Saved data entries:
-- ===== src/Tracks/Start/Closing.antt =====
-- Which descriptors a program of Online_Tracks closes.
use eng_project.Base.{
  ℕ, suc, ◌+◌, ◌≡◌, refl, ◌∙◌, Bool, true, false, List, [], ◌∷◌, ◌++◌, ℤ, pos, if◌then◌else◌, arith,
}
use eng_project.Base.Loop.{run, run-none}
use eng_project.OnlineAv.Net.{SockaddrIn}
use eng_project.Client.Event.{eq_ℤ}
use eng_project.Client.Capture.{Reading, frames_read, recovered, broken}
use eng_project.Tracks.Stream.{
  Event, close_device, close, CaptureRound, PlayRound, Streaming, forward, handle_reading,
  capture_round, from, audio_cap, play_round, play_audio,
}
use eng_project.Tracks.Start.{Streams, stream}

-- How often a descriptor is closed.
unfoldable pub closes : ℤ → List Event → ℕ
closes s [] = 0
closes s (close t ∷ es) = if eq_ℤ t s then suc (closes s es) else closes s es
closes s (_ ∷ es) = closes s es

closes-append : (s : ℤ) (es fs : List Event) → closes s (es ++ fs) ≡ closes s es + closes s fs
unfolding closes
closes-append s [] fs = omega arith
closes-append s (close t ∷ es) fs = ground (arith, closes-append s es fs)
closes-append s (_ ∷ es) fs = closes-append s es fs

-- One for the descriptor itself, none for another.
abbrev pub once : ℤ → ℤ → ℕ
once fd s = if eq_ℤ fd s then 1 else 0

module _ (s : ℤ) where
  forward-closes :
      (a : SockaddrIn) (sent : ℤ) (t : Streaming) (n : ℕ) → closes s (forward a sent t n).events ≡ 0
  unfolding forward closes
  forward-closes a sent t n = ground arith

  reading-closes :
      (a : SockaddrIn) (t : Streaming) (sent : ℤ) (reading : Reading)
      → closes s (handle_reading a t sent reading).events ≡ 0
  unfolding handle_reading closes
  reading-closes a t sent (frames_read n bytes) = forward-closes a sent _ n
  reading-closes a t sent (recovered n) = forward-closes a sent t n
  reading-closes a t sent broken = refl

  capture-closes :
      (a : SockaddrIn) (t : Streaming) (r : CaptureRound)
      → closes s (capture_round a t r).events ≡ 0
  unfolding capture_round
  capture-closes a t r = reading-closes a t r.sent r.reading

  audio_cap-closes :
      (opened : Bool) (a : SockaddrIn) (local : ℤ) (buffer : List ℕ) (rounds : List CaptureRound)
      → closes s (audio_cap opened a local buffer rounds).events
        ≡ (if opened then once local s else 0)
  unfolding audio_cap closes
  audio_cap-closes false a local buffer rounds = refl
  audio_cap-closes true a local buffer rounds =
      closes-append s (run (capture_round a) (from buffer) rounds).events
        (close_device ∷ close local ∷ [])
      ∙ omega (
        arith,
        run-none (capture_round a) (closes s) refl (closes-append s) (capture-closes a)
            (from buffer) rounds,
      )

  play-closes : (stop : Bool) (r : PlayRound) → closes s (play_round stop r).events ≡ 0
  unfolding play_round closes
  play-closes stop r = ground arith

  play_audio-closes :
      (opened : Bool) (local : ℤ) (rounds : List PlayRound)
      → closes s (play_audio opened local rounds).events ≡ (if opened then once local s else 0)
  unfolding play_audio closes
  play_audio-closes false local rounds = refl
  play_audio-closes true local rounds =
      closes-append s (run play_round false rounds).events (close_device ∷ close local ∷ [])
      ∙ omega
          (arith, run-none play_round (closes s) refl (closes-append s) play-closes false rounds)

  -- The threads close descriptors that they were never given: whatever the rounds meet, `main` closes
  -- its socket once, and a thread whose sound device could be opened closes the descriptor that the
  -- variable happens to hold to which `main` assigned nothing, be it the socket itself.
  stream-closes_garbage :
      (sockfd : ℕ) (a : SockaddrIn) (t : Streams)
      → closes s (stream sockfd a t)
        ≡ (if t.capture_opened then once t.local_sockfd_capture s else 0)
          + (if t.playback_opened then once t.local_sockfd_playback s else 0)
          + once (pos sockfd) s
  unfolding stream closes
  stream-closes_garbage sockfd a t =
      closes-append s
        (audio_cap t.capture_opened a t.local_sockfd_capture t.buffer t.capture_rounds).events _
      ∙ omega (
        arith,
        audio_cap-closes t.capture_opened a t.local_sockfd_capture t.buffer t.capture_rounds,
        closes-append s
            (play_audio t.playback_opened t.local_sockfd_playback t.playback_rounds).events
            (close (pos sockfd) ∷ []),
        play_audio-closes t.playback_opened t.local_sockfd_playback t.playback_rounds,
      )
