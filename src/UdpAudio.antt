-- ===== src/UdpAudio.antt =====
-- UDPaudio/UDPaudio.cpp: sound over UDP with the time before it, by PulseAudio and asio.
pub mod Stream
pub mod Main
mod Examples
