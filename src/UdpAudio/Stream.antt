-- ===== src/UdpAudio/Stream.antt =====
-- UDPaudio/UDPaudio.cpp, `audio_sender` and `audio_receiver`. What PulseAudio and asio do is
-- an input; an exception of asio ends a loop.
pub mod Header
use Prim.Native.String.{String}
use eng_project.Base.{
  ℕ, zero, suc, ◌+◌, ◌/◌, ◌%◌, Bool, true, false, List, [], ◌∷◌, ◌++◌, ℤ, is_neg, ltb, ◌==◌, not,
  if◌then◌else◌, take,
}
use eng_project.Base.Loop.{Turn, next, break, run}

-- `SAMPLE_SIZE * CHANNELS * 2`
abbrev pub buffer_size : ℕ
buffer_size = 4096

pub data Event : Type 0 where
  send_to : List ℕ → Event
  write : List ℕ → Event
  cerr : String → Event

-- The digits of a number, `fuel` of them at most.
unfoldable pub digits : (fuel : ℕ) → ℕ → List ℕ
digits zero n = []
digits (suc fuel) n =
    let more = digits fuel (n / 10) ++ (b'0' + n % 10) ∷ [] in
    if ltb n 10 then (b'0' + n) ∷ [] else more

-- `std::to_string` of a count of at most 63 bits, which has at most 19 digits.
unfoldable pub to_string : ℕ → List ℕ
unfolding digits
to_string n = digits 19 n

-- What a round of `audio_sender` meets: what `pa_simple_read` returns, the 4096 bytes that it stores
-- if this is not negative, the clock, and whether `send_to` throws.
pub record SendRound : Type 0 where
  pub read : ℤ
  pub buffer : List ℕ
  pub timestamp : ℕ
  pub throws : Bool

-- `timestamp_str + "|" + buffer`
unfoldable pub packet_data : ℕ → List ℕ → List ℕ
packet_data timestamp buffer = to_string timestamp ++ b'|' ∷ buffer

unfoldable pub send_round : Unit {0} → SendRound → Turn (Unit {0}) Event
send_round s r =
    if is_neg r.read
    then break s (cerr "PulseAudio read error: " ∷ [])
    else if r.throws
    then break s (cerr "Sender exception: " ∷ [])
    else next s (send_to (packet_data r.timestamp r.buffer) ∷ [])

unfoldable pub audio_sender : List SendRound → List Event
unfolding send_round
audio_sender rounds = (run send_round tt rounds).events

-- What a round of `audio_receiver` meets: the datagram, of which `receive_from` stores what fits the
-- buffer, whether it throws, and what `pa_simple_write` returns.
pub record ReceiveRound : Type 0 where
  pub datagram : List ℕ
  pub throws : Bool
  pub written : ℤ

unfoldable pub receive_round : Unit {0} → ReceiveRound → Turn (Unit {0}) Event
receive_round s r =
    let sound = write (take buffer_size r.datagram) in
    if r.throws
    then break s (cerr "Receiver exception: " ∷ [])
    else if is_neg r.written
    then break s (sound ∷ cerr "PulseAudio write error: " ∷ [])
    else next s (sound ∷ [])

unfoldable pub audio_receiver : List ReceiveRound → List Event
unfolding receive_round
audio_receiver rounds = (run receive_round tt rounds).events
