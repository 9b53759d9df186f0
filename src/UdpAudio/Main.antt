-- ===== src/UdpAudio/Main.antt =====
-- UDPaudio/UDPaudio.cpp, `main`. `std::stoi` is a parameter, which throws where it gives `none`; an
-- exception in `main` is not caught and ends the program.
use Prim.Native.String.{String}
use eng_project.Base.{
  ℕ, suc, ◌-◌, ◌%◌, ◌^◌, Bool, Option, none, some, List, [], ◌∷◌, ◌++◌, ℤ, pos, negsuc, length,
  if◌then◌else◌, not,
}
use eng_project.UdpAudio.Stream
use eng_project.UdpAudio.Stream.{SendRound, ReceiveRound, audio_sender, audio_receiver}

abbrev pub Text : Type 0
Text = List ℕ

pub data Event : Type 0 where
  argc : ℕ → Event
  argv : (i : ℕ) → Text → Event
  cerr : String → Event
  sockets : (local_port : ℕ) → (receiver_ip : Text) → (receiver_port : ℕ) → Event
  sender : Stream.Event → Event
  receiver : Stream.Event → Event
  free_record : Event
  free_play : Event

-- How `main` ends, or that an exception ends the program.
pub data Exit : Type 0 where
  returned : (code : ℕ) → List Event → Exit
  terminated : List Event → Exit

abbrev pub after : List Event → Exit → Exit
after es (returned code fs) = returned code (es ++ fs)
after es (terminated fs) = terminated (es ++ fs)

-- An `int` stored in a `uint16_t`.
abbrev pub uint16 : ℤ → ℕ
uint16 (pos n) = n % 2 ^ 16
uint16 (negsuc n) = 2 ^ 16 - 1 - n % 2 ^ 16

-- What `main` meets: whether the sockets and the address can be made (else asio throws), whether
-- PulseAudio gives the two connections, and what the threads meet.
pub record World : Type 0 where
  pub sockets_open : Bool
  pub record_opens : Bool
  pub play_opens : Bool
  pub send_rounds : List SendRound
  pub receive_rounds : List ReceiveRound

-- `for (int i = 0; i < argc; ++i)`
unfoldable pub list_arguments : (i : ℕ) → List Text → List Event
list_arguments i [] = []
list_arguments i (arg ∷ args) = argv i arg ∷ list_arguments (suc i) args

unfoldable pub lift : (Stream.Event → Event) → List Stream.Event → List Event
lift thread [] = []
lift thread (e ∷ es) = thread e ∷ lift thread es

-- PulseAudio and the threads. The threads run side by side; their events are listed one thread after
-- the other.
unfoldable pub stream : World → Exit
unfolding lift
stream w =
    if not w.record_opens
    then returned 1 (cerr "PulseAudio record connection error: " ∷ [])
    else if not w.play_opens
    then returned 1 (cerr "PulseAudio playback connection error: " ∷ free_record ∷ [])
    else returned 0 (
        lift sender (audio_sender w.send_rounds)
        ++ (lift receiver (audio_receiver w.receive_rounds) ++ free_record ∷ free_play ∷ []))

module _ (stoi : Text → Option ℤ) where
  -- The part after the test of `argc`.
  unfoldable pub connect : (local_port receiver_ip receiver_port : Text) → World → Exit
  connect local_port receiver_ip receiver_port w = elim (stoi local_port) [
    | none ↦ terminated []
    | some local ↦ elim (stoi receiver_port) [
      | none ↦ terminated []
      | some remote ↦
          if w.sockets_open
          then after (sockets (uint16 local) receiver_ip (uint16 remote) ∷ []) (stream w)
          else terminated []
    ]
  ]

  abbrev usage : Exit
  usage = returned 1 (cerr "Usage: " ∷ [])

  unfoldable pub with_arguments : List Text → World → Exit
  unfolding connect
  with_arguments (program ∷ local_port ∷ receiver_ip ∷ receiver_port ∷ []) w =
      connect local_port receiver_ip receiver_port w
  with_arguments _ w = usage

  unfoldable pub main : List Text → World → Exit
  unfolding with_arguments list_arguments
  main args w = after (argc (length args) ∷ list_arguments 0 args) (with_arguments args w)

• [How to complete this task]: Transcribe the lines above between the line holding "send_to : List ℕ → Event" and the line holding "digits (suc fuel)", inclusive, exactly as they stand and with nothing added.

• [Output of the task]:
  send_to : List ℕ → Event
  write : List ℕ → Event
  cerr : String → Event

-- The digits of a number, `fuel` of them at most.
unfoldable pub digits : (fuel : ℕ) → ℕ → List ℕ
digits zero n = []
digits (suc fuel) n =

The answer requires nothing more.